SOMETIMES THE main hook of a record can be a single noise - a brass lick, a high guitar chord, the catch in a vocalist's throat. Sometimes these sounds, like the parping oboe in Sonny & Cher's "I Got You Babe", or the mighty timpani in Caston & Majors' "Child of God", are the only thing the record has going for it. And omnivorous sampling means the best sound on a track can be a hook from another record (and another era) altogether.

In the case of "16 Shells From a Thirty-Ought-Six", the hooks that drill their way into your consciousness are two alternating percussion beats, the sour, anvil-like clang of a brake drum and the ding of a bell plate, higher pitched but still nicely off-key. Sitting squarely on the fourth beat of the bar, these are some of the dumbest parts you can imagine. Yet the exquisitely accurate percussionist is Victor Feldman (1934-87), the British prodigy who emigrated to the States in the Fifties, wrote "Seven Steps to Heaven" and ended up as a grandmaster of the LA studio scene.

"16 Shells From a Thirty-Ought-Six", possibly the catchiest number on Waits's Swordfishtrombones album (Island), is full of stripped-down detail: the growly trombones multitracked by Joe Romano; the bluesy, needling guitar part by Fred Tackett.

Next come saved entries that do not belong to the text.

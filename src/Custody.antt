-- ===== src/Custody.antt =====
-- Custody over the runs of the program: the vaults of open tasks under every instruction.
pub mod Spending
pub mod Defs
pub mod Writes
pub mod Transitions
pub mod Lifetime
use clustly_solana_escrow.Base.{ℕ, ◌≡◌, ◌≢◌, refl, ◌∙◌, none, some, [], arith}
use clustly_solana_escrow.Base.Dict.{lookup, insert, lookup-insert}
use clustly_solana_escrow.Error.{ok}
use clustly_solana_escrow.State.{Pubkey, EscrowConfig, EscrowTask}
use clustly_solana_escrow.Platform.{Platform}
use clustly_solana_escrow.Platform.Laws.{Laws}
use clustly_solana_escrow.World.{World, Env, Account, config_account, task_account}
use clustly_solana_escrow.Config.{InitializeConfig, initialize_config}
use clustly_solana_escrow.Contract.Reasons.{ConfigAt, TaskAt}
use clustly_solana_escrow.Contract.Tasks.{Configured, Repinned}
use clustly_solana_escrow.Contract.{
  Transition, configured, reconfigured, repinned, funded, withdrawn, closed, slot_taken,
  claim_moved, paid, refunded, fees_taken,
}
use clustly_solana_escrow.Refines.{process-Transition}
use clustly_solana_escrow.Kept.Admin.{initialize_config-ConfigCreated}
use clustly_solana_escrow.Promise.Admin.{config_asked}
use clustly_solana_escrow.System.{
  WalletsSign, Step, executes, others_act, SameMint, ReachPinned, start, later,
}
use Spending.{Spends-none}
use Defs.{Custody}
use Writes.{once-Custody}
use Transitions.{
  Paid-Custody, Refunded-Custody, SlotTaken-Custody, ClaimMoved-Custody, Reconfigured-Custody,
  FeesTaken-Custody,
}
use Lifetime.{Funded-Custody, Drained_closed-Custody, Drained_withdrawn-Custody}

module _ {p : Platform} (laws : Laws p) (mint : Pubkey) where
  config_case : (c d : EscrowConfig) → config_account d ≡ config_account c → d ≡ c
  config_case c d h = ground arith

  Repinned-Custody :
      {env : Env} {w w' : World}
      → SameMint w w'
      → Custody p mint w
      → Repinned env w w'
      → Custody p mint w'
  Repinned-Custody {w} {w'} same c m =
      let config' : EscrowConfig = record m.config { usdc_mint = m.mint } in
      let now_there : ConfigAt w' m.config_key config' = rw m.written (
        rw (lookup-insert m.config_key m.config_key (config_account config') w.accounts)
          (ground arith)) in
      let pin : m.mint ≡ mint =
        same m.config_key m.config config' m.config_at now_there
        ∙ c.pinned m.config_key m.config m.config_at in
      rw m.written (
        once-Custody p mint w m.config_key (config_account config') w.ledger m.config_key c
          (λ d h. (config', refl)) (λ d h. rw (config_case config' d h) pin)
          (Spends-none m.config_key w.ledger).keeps (λ k t h ne. ne) (λ t h op. cc))

  config_once : {w w' : World} → Custody p mint w → Configured p w w' → Custody p mint w'
  config_once {w} c m =
      let (d, there) = c.configured in
      absurd (taken w m.config_key d m.unused (rw m.config_at at there))
    where
      taken :
          (w : World) (k : Pubkey) (d : EscrowConfig)
          → lookup k w.accounts ≡ none
          → ConfigAt w k d
          → ⊥
      taken w k d u h = ground arith

  -- Every transition keeps the vaults covered, as long as wallets sign and the mint stays.
  Transition-Custody :
      {env : Env} {w w' : World}
      → WalletsSign p env w
      → SameMint w w'
      → Transition p env w w'
      → Custody p mint w
      → Custody p mint w'
  Transition-Custody sign same (configured m) c = config_once c m
  Transition-Custody sign same (reconfigured m) c = Reconfigured-Custody laws mint c m
  Transition-Custody sign same (repinned m) c = Repinned-Custody same c m
  Transition-Custody sign same (funded m) c = Funded-Custody laws mint sign c m
  Transition-Custody sign same (withdrawn d idle e) c =
      rw e (Drained_withdrawn-Custody laws mint c d)
  Transition-Custody sign same (closed d e) c = rw e (Drained_closed-Custody laws mint c d)
  Transition-Custody sign same (slot_taken m) c = SlotTaken-Custody laws mint c m
  Transition-Custody sign same (claim_moved m) c = ClaimMoved-Custody laws mint c m
  Transition-Custody sign same (paid m) c = Paid-Custody laws mint c m
  Transition-Custody sign same (refunded m) c = Refunded-Custody laws mint c m
  Transition-Custody sign same (fees_taken m) c = FeesTaken-Custody laws mint c m

  task_present :
      (w : World) (k : Pubkey) (t : EscrowTask) → TaskAt w k t → lookup k w.accounts ≢ none
  task_present w k t h n = ground arith

  pub Step-Custody :
      {w w' : World} → Step p w w' → SameMint w w' → Custody p mint w → Custody p mint w'
  Step-Custody {w} {w'} (executes env i sign h) same c =
      Transition-Custody sign same (process-Transition p env w w' i h) c
  Step-Custody {w} (others_act l mints act e) same c = rw e (record {
    configured = c.configured;
    pinned = c.pinned;
    covered = λ k t h op.
        let (owned, enough) = c.covered k t h op in
        let (owned', le) = act (p.associated_token k mint) k owned (task_present w k t h) in
        (owned', omega arith);
  })

  -- If the vaults of open tasks are covered at the start, they are in every state that is reached
  -- without a change of the mint, by any instructions that wallets sign and any outside changes
  -- to the tokens that take nothing from the accounts of the program: the vault of each open task
  -- exists, belongs to the task and holds at least the bounty of every slot that is neither paid
  -- nor refunded.
  pub Reach-Custody : {s w : World} → Custody p mint s → ReachPinned p s w → Custody p mint w
  Reach-Custody c start = c
  Reach-Custody c (later r st same) = Step-Custody st same (Reach-Custody c r)

no_accounts :
    (s : World) (k j : Pubkey) (a : Account) {b : Account}
    → s.accounts ≡ []
    → lookup k (insert j a s.accounts) ≡ some b
    → (k ≡ j) × (b ≡ a)
unfolding lookup insert
no_accounts s k j a e h = ground arith

-- Where the program has no account yet, a successful configuration leaves the vaults of all open
-- tasks covered, there being none, and the given mint pinned.
pub initialize_config-Custody :
    (p : Platform) (env : Env) (s s' : World) (a : InitializeConfig) (admin : Pubkey) (fee_bps : ℕ)
    → s.accounts ≡ []
    → initialize_config p env s a admin fee_bps ≡ ok s'
    → Custody p a.usdc_mint s'
initialize_config-Custody p env s s' a admin fee_bps e h =
    let m = initialize_config-ConfigCreated p env s s' a admin fee_bps h in
    let c = config_asked p a admin fee_bps in
    let there : lookup a.config (insert a.config (config_account c) s.accounts)
        ≡ some (config_account c) =
      rw (lookup-insert a.config a.config (config_account c) s.accounts) (ground arith) in
    rw m.written (record {
      configured = (c, rw m.address there);
      pinned = λ k d g.
          config_mint c d a.usdc_mint refl (no_accounts s k a.config (config_account c) e g).1;
      covered = λ k t g op. not_a_task c t (no_accounts s k a.config (config_account c) e g).1;
    })
  where
    config_mint :
        (c d : EscrowConfig) (mint : Pubkey)
        → c.usdc_mint ≡ mint
        → config_account d ≡ config_account c
        → d.usdc_mint ≡ mint
    config_mint c d mint p1 q = ground arith

    not_a_task :
        (c : EscrowConfig) (t : EscrowTask) {A : Type 0} → task_account t ≡ config_account c → A
    not_a_task c t q = cc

And there's a stunning groove - a crazy, shuffling malarkey like Harry Partch playing for David Lynch's wedding. The relentless kit drum feel could be one of the production lines parodied by Chaplin in Modern Times.

Maybe the song works so well because the sound of the backing track matches Waits's lyrics. One verse begins "Well I slept in the holler of a dry creek bed/ and I tore out the buckets from a red Corvette", and the chorus runs: "I'm going to whittle you into kindlin'/ Black Crow 16 shells from a thirty-ought-six", repeated. What is he doing with that little red Corvette? I'm sure there's an interesting story there, but the opaque words do not bother me. I just like the way Waits sings and roars over all that strumming and drumming and clanging. I'm hooked.